I have of late only been seriously listening to a few pieces by few composers, mostly Webern, Boulez and Japanese Gagaku. I have been using Perotin's Alleluia nativitas and Bartók's fifth string quartet as soft and hard wake up alarms which is something that, surprisingly enough, has helped me combat my chronic bad morning temper. 

Anyway, the point is: I have stopped listening closely to most of Common Practice.


----------



## Nereffid (Feb 6, 2013)

I don't now listen much to the music that I used to listen to a lot, but that's because I've found even more music to listen to, not because anything's fallen out of favour. I can't think of any classical music where I've switched from liking to disliking.


----------



## Pugg (Aug 8, 2014)

I do listen to all I like, it may take a while but it always comes back.


----------



## Magnum Miserium (Aug 15, 2016)

Richannes Wrahms said:


> I have been using Perotin's Alleluia nativitas and *Bartók's fifth string quartet *as soft and hard wake up alarms which is something that, surprisingly enough, *has helped me combat my chronic bad morning temper. *


!!!

The Pérotin I get. My iPad has an alarm option that's basically the first bars of the first prelude from the Well Tempered Clavier played on a celesta, and it totally improves my outlook on getting up in the morning.


----------



## BoggyB (May 6, 2016)

I knew a man once who had Fur Elise as his ringtone, seemingly a setting he couldn't change, and he once said to me that that was the worst thing Beethoven ever composed.

I suppose much of the absolutely most famous classical music worms its way into this category. How many people here listen to the first movement of Beethoven 5?


----------



## helenora (Sep 13, 2015)

BoggyB said:


> I knew a man once who had Fur Elise as his ringtone, seemingly a setting he couldn't change, and he once said to me that that was the worst thing Beethoven ever composed.
> 
> I suppose much of the absolutely most famous classical music worms its way into this category. How many people here listen to the first movement of Beethoven 5?


 I do 
that's my strategy : stop listening for a long time what you already have known almost by heart and then after some time it is so fresh and new so that you find even new things in it and not because you forgot it but because you listen to it differently.


----------



## ProudSquire (Nov 30, 2011)

There are many pieces of music that I love and probably have listened to, hundreds of times, that I tend to avoid listening to now. Like, Nereffid said, there's even more music out there to listen to, but also because I don't want to the music to lose it's magic.


----------



## Klassic (Dec 19, 2015)

arnerich said:


> The adagietto from Mahler's 5th is remarkable and I listened to it a lot at one time in my life. But now I find myself changing the radio dial when it's played. My opinion of the piece hasn't change. I just find myself never in the mood to listen to it. Is there a piece you once loved but don't listen to like you used to?
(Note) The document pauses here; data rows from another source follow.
-- ===== src/Hydra/Consents.antt =====
-- The consents that are revoked: those of the clients that no longer admit the user.
use mokey.Base.{
  Bool, Bool-cases, List, String, [], arith, false, filter, if◌then◌else◌, inl, inr, length, nat_eq,
  not, refl, some, string_eq, suc, true, zero, ℕ, ◌+◌, ◌==◌, ◌||◌, ◌∷◌, ◌≡◌, ◌≤◌,
}
use mokey.Directory.{User}
use mokey.Hydra.{
  HydraService, HydraConfig, ConsentSession, client_allowed, revoke_loop, add_clients,
  consent_client_ids,
}

module _ (equal_fold : String → String → Bool) (oauth : HydraService) (cfg : HydraConfig) where
  -- Revoking each client of a list in order, whatever the answers, and how many were revoked.
  abbrev pub revoke_each : oauth.State → User → List String → ℕ → oauth.State × ℕ
  revoke_each s user [] n = (s, n)
  revoke_each s user (id ∷ ids) n =
      let (done, s') = oauth.revoke_consents s user.username id in
      revoke_each s' user ids (if done then n + 1 else n)

  -- The loop makes exactly the calls that revoke the clients which do not admit the user, each once
  -- and in order, goes on after one that fails, and counts those that succeed.
  pub revoke_loop_lem :
      (s : oauth.State) (user : User) (ids : List String) (n : ℕ)
      → revoke_loop equal_fold oauth cfg s user ids n
        ≡ revoke_each s user (filter (λ id. not (client_allowed equal_fold cfg id user)) ids) n
  unfolding revoke_loop
  revoke_loop_lem s user [] n = refl
  revoke_loop_lem s user (id ∷ ids) n = elim (Bool-cases (client_allowed equal_fold cfg id user)) [
    | inl admitted ↦ rw (admitted, revoke_loop) (revoke_loop_lem s user ids n)
    | inr out ↦ elim (Bool-cases (oauth.revoke_consents s user.username id).0) [
      | inl done ↦
          rw (out, revoke_loop, done)
            (revoke_loop_lem (oauth.revoke_consents s user.username id).1 user ids (n + 1))
      | inr undone ↦
          rw (out, revoke_loop, undone)
            (revoke_loop_lem (oauth.revoke_consents s user.username id).1 user ids n)
    ]
  ]

  -- The pages that hydra lists from a token on, up to one without a next page.
  pub data Pages (s : oauth.State) (username : String)
      : String → List (List ConsentSession) → Type 0 where
    last :
        (token next : String) (sessions : List ConsentSession)
        → oauth.list_consents s username token ≡ some (sessions, next)
        → (next == "" || next == token) ≡ true
        → Pages s username token (sessions ∷ [])
    more :
        (token next : String) (sessions : List ConsentSession) (pages : List (List ConsentSession))
        → oauth.list_consents s username token ≡ some (sessions, next)
        → (next == "" || next == token) ≡ false
        → Pages s username next pages
        → Pages s username token (sessions ∷ pages)

  abbrev pub add_pages : List String → List (List ConsentSession) → List String
  add_pages ids [] = ids
  add_pages ids (sessions ∷ pages) = add_pages (add_clients ids sessions) pages

  -- Where hydra's pages come to an end, fuel for their number lists the clients of all of them.
  pub consent_client_ids_lem :
      (s : oauth.State) (username token : String) (pages : List (List ConsentSession)) (fuel : ℕ)
      (ids : List String)
      → Pages s username token pages
      → length pages ≤ fuel
      → consent_client_ids equal_fold oauth cfg fuel s username ids token
        ≡ some (add_pages ids pages)
  unfolding consent_client_ids
  consent_client_ids_lem s username token pages zero ids (last tok next sessions got end) enough =
      absurd (omega (arith, enough))
  consent_client_ids_lem s username token pages zero ids
        (more tok next sessions rest got onward others) enough =
      absurd (omega (arith, enough))
  consent_client_ids_lem s username token pages (suc fuel) ids (last tok next sessions got end)
        enough =
      ground arith
  consent_client_ids_lem s username token pages (suc fuel) ids
        (more tok next sessions rest got onward others) enough =
      ground (
        arith,
        consent_client_ids_lem s username next rest fuel (add_clients ids sessions) others
            (omega (arith, enough)),
      )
Beware my friend, if this happened with Mahler then it can happen with any piece of music. As Mahler tends to be one of the composers with greatest staying power, and the least repetition. His music ages very well.


----------



## helenora (Sep 13, 2015)

Klassic said:


> Beware my friend, if this happened with Mahler then it can happen with any piece of music. As Mahler tends to be one of the composers with greatest staying power, and the least repetition. His music ages very well.


But music has its refreshing power , even for itself, it revives itself like Phoenix , nothing to be worried about, everything goes in cycles...forever old and forever young/new


----------



## arnerich (Aug 19, 2016)

Klassic said:


> Beware my friend, if this happened with Mahler then it can happen with any piece of music. As Mahler tends to be one of the composers with greatest staying power, and the least repetition. His music ages very well.
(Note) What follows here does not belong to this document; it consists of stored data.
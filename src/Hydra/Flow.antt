-- ===== src/Hydra/Flow.antt =====
-- server/hydra.go: the endpoints that hydra sends a browser to. hydra's admin calls are
-- parameters; an accepted request gives the address to redirect to.
pub mod Laws
use mokey.Base.{
  Bool, List, Option, String, [], if◌then◌else◌, nat_eq, none, not, some, string_eq, ◌++◌, ◌==◌,
  ◌||◌, ◌∷◌,
}
use mokey.Directory.{User, UserMethods, Response, Effect, audit, hydra, redirect, render, status}
use mokey.Hydra.{HydraConfig, client_allowed, client_groups_enforced}

-- What hydra asks consent for.
pub record ConsentRequest : Type 0 where
  pub subject : String
  pub client : String
  pub requested_scope : List String

pub record LoginRequest : Type 0 where
  pub skip : Bool
  pub subject : String

-- The claims of the id token are made of the user's record.
pub record FlowService : Type 0 where
  pub get_consent : String → Option ConsentRequest
  pub accept_consent : String → List String → User → Option String
  pub get_login : String → Option LoginRequest
  pub accept_skipped : String → String → Option String
  pub accept_login : String → String → Option String
  pub get_logout : String → Bool
  pub accept_logout : String → Option String
  pub user_show : String → Option User

module _ (equal_fold : String → String → Bool) (methods : UserMethods) (oauth : FlowService)
    (cfg : HydraConfig) (require_mfa : Bool) where
  -- Without `require_mfa`, or with a second factor.
  unfoldable pub passes_mfa : User → Bool
  passes_mfa user = not require_mfa || methods.otp_only user

  -- The end of ConsentGet: the scope is granted, and the browser sent back.
  unfoldable pub grant : String → ConsentRequest → User → List Effect × Response
  grant challenge consent user =
      elim (oauth.accept_consent challenge consent.requested_scope user) [
        | none ↦ ([], status 500 "hydra.failed_to_accept_consent")
        | some target ↦ (
          hydra "accept_consent" consent.subject challenge
              ∷ audit "AUDIT User logged in via Hydra OAuth2 successfully" consent.subject
              ∷ [],
          redirect target,
        )
      ]

  -- The client does not admit the user: the request is rejected at hydra, and consents that the
  -- user's groups no longer allow are revoked, where that is enforced.
  unfoldable pub deny_client : String → ConsentRequest → List Effect × Response
  unfolding client_groups_enforced
  deny_client challenge consent = (
    hydra "reject_consent" consent.subject challenge
          ∷ (if client_groups_enforced cfg
              then hydra "revoke_disallowed_consents" consent.subject "" ∷ []
              else [])
        ++ audit "AUDIT OAuth2 client denied, user not in an allowed group" consent.subject ∷ [],
    status 403 "hydra.client_not_allowed",
  )

  unfoldable pub consent_get : String → List Effect × Response
  unfolding grant deny_client passes_mfa client_allowed
  consent_get challenge =
      if challenge == ""
      then ([], status 400 "hydra.consent_without_challenge")
      else elim (oauth.get_consent challenge) [
        | none ↦ ([], status 500 "hydra.failed_to_validate_consent")
        | some consent ↦ elim (oauth.user_show consent.subject) [
          | none ↦ ([], status 500 "hydra.failed_to_validate_consent")
          | some user ↦
              if not (passes_mfa user)
              then ([], status 401 "hydra.access_denied")
              else if not (client_allowed equal_fold cfg consent.client user)
              then deny_client challenge consent
              else grant challenge consent user
        ]
      ]

  -- LoginOAuthPost, from the login page of a request.
  unfoldable pub post_login : String → String → Bool → List Effect × Response
  post_login username challenge htmx = elim (oauth.accept_login username challenge) [
    | none ↦ ([], status 500 "hydra.failed_to_accept_login")
    | some target ↦ (
      hydra "accept_login" username challenge ∷ [],
      (if htmx then status 204 target else redirect target),
    )
  ]

  -- hydra remembers the user.
  unfoldable pub skip_login : String → String → List Effect × Response
  unfolding passes_mfa
  skip_login subject challenge = elim (oauth.user_show subject) [
    | none ↦ ([], status 500 "hydra.failed_to_validate_login")
    | some user ↦
        if not (passes_mfa user)
        then ([], status 401 "hydra.access_denied")
        else elim (oauth.accept_skipped subject challenge) [
          | none ↦ ([], status 500 "hydra.failed_to_accept_login")
          | some target ↦ (hydra "accept_login" subject challenge ∷ [], redirect target)
        ]
  ]

  -- LoginOAuthGet; `current` is the user of a session that is logged in.
  unfoldable pub login_oauth_get : Option String → String → Bool → List Effect × Response
  unfolding skip_login post_login
  login_oauth_get current challenge htmx =
      if challenge == ""
      then ([], status 400 "hydra.login_without_challenge")
      else elim (oauth.get_login challenge) [
        | none ↦ ([], status 500 "hydra.failed_to_validate_login")
        | some login ↦ if login.skip then skip_login login.subject challenge else elim current [
          | none ↦ ([], render "login.html")
          | some username ↦ post_login username challenge htmx
        ]
      ]

  -- HydraLogout; `logout` is what logging out of mokey sets off.
  unfoldable pub hydra_logout : List Effect → String → List Effect × Response
  hydra_logout logout challenge =
      if oauth.get_logout challenge
      then (
        logout,
        elim (oauth.accept_logout challenge) [
          | none ↦ status 500 "hydra.failed_to_accept_logout"
          | some target ↦ redirect target
        ],
      )
      else ([], status 500 "hydra.failed_to_validate_logout")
There is certain music I never tire of (at least I haven't yet I suppose); Brahms' violin concerto and Beethoven late string quartets.


----------



## Klassic (Dec 19, 2015)

helenora said:


> But music has its refreshing power , even for itself, it revives itself like Phoenix , nothing to be worried about, everything goes in cycles...forever old and forever young/new


Good perspective. I like it.


----------



## brianvds (May 1, 2013)

BoggyB said:


> I knew a man once who had Fur Elise as his ringtone, seemingly a setting he couldn't change, and he once said to me that that was the worst thing Beethoven ever composed.
> 
> I suppose much of the absolutely most famous classical music worms its way into this category. How many people here listen to the first movement of Beethoven 5?


I haven't listened to it in years, perhaps as a result of overexposure in my youth. But recently I listened to a performance on period instruments, and got blown away all over again.

But if I never hear "Für Elise" or "Eine Kleine Nachtmusik" again, it will be too soon...


----------